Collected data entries
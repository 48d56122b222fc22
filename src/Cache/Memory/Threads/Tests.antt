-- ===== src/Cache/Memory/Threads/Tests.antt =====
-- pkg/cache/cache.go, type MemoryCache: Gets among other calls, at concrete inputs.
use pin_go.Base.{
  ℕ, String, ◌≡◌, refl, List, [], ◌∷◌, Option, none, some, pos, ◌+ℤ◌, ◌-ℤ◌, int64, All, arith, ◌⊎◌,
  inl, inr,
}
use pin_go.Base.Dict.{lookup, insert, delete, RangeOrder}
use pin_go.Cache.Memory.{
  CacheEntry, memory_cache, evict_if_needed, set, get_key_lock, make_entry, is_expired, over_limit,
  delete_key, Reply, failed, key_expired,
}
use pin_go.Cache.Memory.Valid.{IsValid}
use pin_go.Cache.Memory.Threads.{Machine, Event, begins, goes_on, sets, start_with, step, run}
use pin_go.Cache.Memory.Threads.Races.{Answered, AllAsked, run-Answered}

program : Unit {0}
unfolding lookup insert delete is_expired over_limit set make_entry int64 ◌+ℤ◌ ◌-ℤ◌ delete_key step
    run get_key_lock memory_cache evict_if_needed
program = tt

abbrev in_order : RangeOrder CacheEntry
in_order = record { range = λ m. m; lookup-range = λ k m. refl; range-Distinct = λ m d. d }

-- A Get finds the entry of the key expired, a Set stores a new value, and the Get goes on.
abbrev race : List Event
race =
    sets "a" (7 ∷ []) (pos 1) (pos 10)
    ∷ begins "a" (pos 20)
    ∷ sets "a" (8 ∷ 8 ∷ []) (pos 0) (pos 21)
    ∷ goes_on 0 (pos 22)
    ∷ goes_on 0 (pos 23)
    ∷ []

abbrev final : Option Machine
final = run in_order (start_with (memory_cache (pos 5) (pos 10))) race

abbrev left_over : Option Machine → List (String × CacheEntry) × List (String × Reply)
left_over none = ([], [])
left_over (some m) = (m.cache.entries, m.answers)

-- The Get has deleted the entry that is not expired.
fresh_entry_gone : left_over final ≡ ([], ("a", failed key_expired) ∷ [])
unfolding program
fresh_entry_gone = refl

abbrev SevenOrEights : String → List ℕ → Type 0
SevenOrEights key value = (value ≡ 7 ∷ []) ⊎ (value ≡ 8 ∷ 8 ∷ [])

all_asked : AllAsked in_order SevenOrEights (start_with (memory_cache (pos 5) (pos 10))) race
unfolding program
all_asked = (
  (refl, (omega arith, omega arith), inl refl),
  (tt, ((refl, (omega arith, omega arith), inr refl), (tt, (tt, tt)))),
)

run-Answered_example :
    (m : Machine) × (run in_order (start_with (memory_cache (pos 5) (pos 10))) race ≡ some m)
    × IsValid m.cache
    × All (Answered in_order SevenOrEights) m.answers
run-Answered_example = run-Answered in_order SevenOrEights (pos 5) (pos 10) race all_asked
* * *
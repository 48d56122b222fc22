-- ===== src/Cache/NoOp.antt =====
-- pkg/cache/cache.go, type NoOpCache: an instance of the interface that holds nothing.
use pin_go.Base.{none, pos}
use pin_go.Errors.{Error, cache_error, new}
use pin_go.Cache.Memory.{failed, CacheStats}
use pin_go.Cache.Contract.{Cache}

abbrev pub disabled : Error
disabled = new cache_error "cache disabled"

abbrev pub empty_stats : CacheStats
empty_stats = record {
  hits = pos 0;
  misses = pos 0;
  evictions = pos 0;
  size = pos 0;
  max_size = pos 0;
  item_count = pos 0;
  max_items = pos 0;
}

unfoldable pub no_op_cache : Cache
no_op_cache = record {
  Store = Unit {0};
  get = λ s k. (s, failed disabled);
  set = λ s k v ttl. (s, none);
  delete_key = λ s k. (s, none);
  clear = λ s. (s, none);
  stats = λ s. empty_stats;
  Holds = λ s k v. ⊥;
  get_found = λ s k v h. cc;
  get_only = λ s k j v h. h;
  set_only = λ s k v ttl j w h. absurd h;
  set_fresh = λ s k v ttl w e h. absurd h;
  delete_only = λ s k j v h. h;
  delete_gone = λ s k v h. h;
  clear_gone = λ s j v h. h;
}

Problem description> From the line that has "max_items = pos 0;" through the line that has "set_only = λ s k v ttl j w h. absurd h;", copy every line exactly as it appears above, and leave out all others.

Response below>
  max_items = pos 0;
}

unfoldable pub no_op_cache : Cache
no_op_cache = record {
  Store = Unit {0};
  get = λ s k. (s, failed disabled);
  set = λ s k v ttl. (s, none);
  delete_key = λ s k. (s, none);
  clear = λ s. (s, none);
  stats = λ s. empty_stats;
  Holds = λ s k v. ⊥;
  get_found = λ s k v h. cc;
  get_only = λ s k j v h. h;
  set_only = λ s k v ttl j w h. absurd h;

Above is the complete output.